Framework

Core Modules

Abstract Flow Chart

The above figure shows the abstract flowchart of the overall organization of the HAT framework. You can see that the training and verification process of HAT is composed of four core modules, namely Data, Model, Callback, and Engine. Here is a brief introduction to each of these core modules.

  • Data: Responsible for all the data producing processes in HAT, including Dataset (iterative output), Transforms (data enhancement for tasks), Collate (data concatenation and batch packing), and Sampler (data sampling process). All the data producing processes are finally organized in a unified way through the Dataloader interface.

  • Model: Responsible for the building process of all the models in HAT. In HAT, the model is generally divided into sub-modules such as backbone, neck, head, task module, etc., and a unified structure is used to link all the sub-modules to build the final model. Besides the common tasks, structure also uses a GraphModel to specially handle the multitasking related model structure building.

  • Callback: Responsible for dynamically adjusting the training state during the execution of the Engine. Similar to the Hooks of the model in Torch, it can perform dynamic adjustments in the specified modifiable positions according to the training state provided by Engine without modifying the Engine code. The modifiable positions of the whole Engine mainly include: on_loop_begin(end), on_epoch_begin(end), on_step_begin(end), and on_batch_begin(end).

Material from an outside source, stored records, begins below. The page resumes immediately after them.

-- ===== src/Prelude/Maps.antt =====
-- A `HashMap` with `u64` keys as an association list. The order of a walk is the list's here and
-- arbitrary in the source.
use hyperiondb.Prelude.{
  ℕ, ◌≡◌, ◌≢◌, ◌∙◌, refl, Option, none, some, List, [], ◌∷◌, arith, ◌==◌, if◌then◌else◌,
}

abbrev pub Map : Type 0 → Type 0
Map V = List (ℕ × V)

module _ {V : Type 0} where
  unfoldable pub lookup : ℕ → Map V → Option V
  lookup k [] = none
  lookup k ((j, v) ∷ m) = if j == k then some v else lookup k m

  unfoldable pub insert : ℕ → V → Map V → Map V
  insert k v [] = (k, v) ∷ []
  insert k v ((j, u) ∷ m) = if j == k then (k, v) ∷ m else (j, u) ∷ insert k v m

  pub lookup-insert :
      (k j : ℕ) (v : V) (m : Map V)
      → lookup j (insert k v m) ≡ (if k == j then some v else lookup j m)
  unfolding lookup insert
  lookup-insert k j v [] = refl
  lookup-insert k j v ((i, u) ∷ m) = ground (arith, lookup-insert k j v m)

  pub lookup-insert-other :
      (k j : ℕ) (v : V) (m : Map V) → j ≢ k → lookup j (insert k v m) ≡ lookup j m
  lookup-insert-other k j v m away = lookup-insert k j v m ∙ ground (arith, away)

  pub lookup-insert-same : (k : ℕ) (v : V) (m : Map V) → lookup k (insert k v m) ≡ some v
  lookup-insert-same k v m = lookup-insert k k v m ∙ ground arith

  • Engine: Mainly responsible for building and executing the training or prediction process, including the training module Trainer and the prediction module Precitor. All other modules, such as Data, Model, Callback, etc., will be fed to Engine after building, and Engine will implement unified scheduling to complete the whole process of the training or prediction.

In addition to the four core modules, there are other supporting modules such as Profiler, Metric, Visualize, etc.

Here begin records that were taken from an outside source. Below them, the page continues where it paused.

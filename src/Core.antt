-- ===== src/Core.antt =====
-- The facts that a probe reports, and how two snapshots compare (crates/fidelity-core/src).
mod Sweep
mod Keyed
pub mod Facts
pub mod Regions
pub mod Targets
pub mod Environment
pub mod LocalAgent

  • Profiler: As the prof tool of HAT, it mainly helps to locate the speed bottleneck during the training or validation.

  • Metric: Mainly used for metrics validation during dataset training or testing, which is actually a special case of Model and strongly bound to specific datasets.

  • Visualize: Mainly used for the visualization of relevant datasets.

Training Building Process

1.For any dataset, build all the submodules required by Data.

First build Dataset for iterative output, and process the data with Transform in the iterative output, e.g., data enhancement operations in training, data preprocessing in testing, etc. Then use Sampler to control the output order of Dataset, and use Collate to concatenate the data one by one, and finally pack a Batch of training data. The DataLoader unifies the scheduling of all processes and feeds the training data of the Batch into the training process as structures.

2.For any model, build all the submodules required by Model, e.g., Backbone, Neck, etc.

Use Structure to link all the sub-modules together to form a complete model with training states, which will also be fed to the training process as a training object.

3.For the training task, select or define a suitable Callback to dynamically adjust the training state during the training.

For example, in each training session, output training results at regular intervals or dynamically adjust the learning rate of the training. Although the definition of Callback and Engine are separate, the execution process is embedded in the complete process of Engine.

4.For the training environment, build a suitable Engine as the training engine.

For example, you can choose DistributedDataParallelTrainer or DataParallelTrainer for common multi-card training environments. The Engine can organize all the already-built modules together to complete all the environmental initialization needed by the training, including Data, Model, or other modules such as Callback, Metric, Profiler. Note that not all the modules in Engine are required.

5.Finally, uniformly use the selected fit interface in Engine to complete the whole training process.

The above is the overall structure of the HAT framework and the abstract flow of the training. The diagram at the beginning of this section not only reflects the data flow of the construction, but also includes invocation relationships between modules. For training, Engine is the core part. A comprehensive understanding of the operation flow of Engine will allow us to understand the entire data flow of HAT.